Start here > Free For ALL

Jesus.....how are you still sober?

(1/6) > >>

Al Swearegen:
SO things have been more than a little rough (and no I do not want to go into that) BUT tonight we (my work) went to our Christmas do at Teppinyaki at a Japanese place.

We went to drinks before at a local tradies bar. I knocked off three bourbon and cola stubbies then went to the Japanese joint and knocked off two double vodkas and three or four sakes and a couple more bourbons and cokes.

On leaving to go back to the Tradies. A number of the work crew stated that they did not know how I was still sober and scurrilous work gossip about the state of a 6'3" guy there who was far from sober ensued. (which I did not enter into - each to their own) seemed the talking point.

Is having a few drinks warranted at work dos? If so how many? How drunk should I be? Does it even really matter?

By the time the hangers-on were at the tradies bar, it did not seem to matter. I won at the pokies and so even after drinks. I was about $30 dollars down for the night so it seemed like a reasonable exchange.

I do not want to cop shit on Monday and I was hoping for some kind of a measure as to how to tiptoe around this drinking at work dos thing (I was kind of hoping my double vodkas were mistaken for water but that did not happen either.

Pyraxis:
Not sure I have any useful advice. I'm pretty much a lightweight and more likely to get shit for not drinking than for drinking.

I do hear about people on the team who are notorious for getting plastered at work Christmas parties and such. Some of them own it and freely laugh about it. The stories focus on crazy behavior though.

If it's drinking cause things have been rough, a passing mention that life has been shit might be enough to ward off jokes. It also depends on work culture. You might have to pace yourself to them more in order to attract less attention.

Al Swearegen:

--- Quote from: Pyraxis on December 16, 2017, 06:42:02 PM ---Not sure I have any useful advice. I'm pretty much a lightweight and more likely to get shit for not drinking than for drinking.

I do hear about people on the team who are notorious for getting plastered at work Christmas parties and such.

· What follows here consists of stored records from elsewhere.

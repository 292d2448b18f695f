-- ===== src/Repo/Registries.antt =====
-- internal/storage/sqlstore: tenants_repo.go, types_repo.go and statuses_repo.go.
pub mod Upserts
use contrato_core.Base.{
  ℕ, suc, ◌+◌, ◌≤◌, ◌<◌, ◌≡◌, ◌≢◌, refl, String, Bool, true, false, Option, none, some, List, [],
  ◌∷◌, ◌++◌, ◌&&◌, ◌||◌, not, any, select, take, arith, ltb, leb, ℤ, pos, negsuc, if◌then◌else◌, Eq,
  ◌==◌, nat_eq, string_eq, int_eq, pair_eq, find, length, map,
}
use contrato_core.Storage.{Tenant, Kind, Status}
use contrato_core.Storage.Server.{Db, World, Server, has_tenant}
use contrato_core.Storage.Exec.{Exec, query_row, insert}

abbrev pub named : String → Tenant → Bool
named name t = t.name == name

-- `INSERT … ON CONFLICT (name) DO UPDATE`: the row that has the name, or a new one.
unfoldable pub tenant_of : String → World → Option Tenant
tenant_of name w = find (named name) w.db.tenants

abbrev pub upsert_tenant : String → World → Option Tenant → Tenant × Db
upsert_tenant name w (some t) = (t, w.db)
upsert_tenant name w none =
    let t : Tenant = record { id = w.server.uuid w.ran; name = name; version = 1 } in
    (t, record w.db { tenants = t ∷ w.db.tenants })

-- The primary key of a new row.
abbrev pub tenant_allowed : World → Option Tenant → Bool
tenant_allowed w (some t) = true
tenant_allowed w none = not (has_tenant w.db (w.server.uuid w.ran))

unfoldable pub create_tenant : String → Exec Tenant
unfolding tenant_of
create_tenant name =
    insert (λ w. tenant_allowed w (tenant_of name w)) λ w. upsert_tenant name w (tenant_of name w)

unfoldable pub get_tenant : String → Exec Tenant
get_tenant id = query_row λ w. find (λ t. t.id == id) w.db.tenants

unfoldable pub get_tenant_by_name : String → Exec Tenant
unfolding tenant_of
get_tenant_by_name name = query_row (tenant_of name)

abbrev pub is_kind : Kind → Kind → Bool
is_kind k r = r.tenant_id == k.tenant_id && (r.domain == k.domain && r.name == k.name)

-- `ON CONFLICT … DO UPDATE SET name=EXCLUDED.name` leaves the row as it is.
abbrev pub add_kind : Kind → List Kind → List Kind
add_kind k rs = if any (is_kind k) rs then rs else k ∷ rs

unfoldable pub create_type : Kind → Exec Kind
create_type k =
    insert (λ w. has_tenant w.db k.tenant_id)
      λ w. (k, record w.db { types = add_kind k w.db.types })

unfoldable pub get_type_by_name : String → String → String → Exec Kind
get_type_by_name tenant_id domain name =
    query_row λ w.
      find (is_kind (record { tenant_id = tenant_id; domain = domain; name = name })) w.db.types

abbrev pub is_status : Status → Status → Bool
is_status s r = r.tenant_id == s.tenant_id && (r.domain == s.domain && r.name == s.name)

abbrev pub add_status : Status → List Status → List Status
add_status s rs = if any (is_status s) rs then rs else s ∷ rs

unfoldable pub create_status : Status → Exec Status
create_status s =
    insert (λ w. has_tenant w.db s.tenant_id)
      λ w. (s, record w.db { statuses = add_status s w.db.statuses })

unfoldable pub get_status_by_name : String → String → String → Exec Status
get_status_by_name tenant_id domain name = query_row λ w.
    find (is_status (record { tenant_id = tenant_id; domain = domain; name = name })) w.db.statuses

Some of them own it and freely laugh about it. The stories focus on crazy behavior though.

If it's drinking cause things have been rough, a passing mention that life has been shit might be enough to ward off jokes. It also depends on work culture. You might have to pace yourself to them more in order to attract less attention.

--- End quote ---

Yes, I was wondering if after I left their orbit whether the gossiping reserved for that other member will turn on me. I do not like that kind of thing an do not really engage in it myself. That other guy I was talking about is a big guy with obviously not a huge tolerance and that in itself is interesting but he was not falling down drunk or really doing much more than staggering a bit and slurring his words. Not a really big deal. Gossiping always feels a little petty and deceitful. I feel really awkward around it.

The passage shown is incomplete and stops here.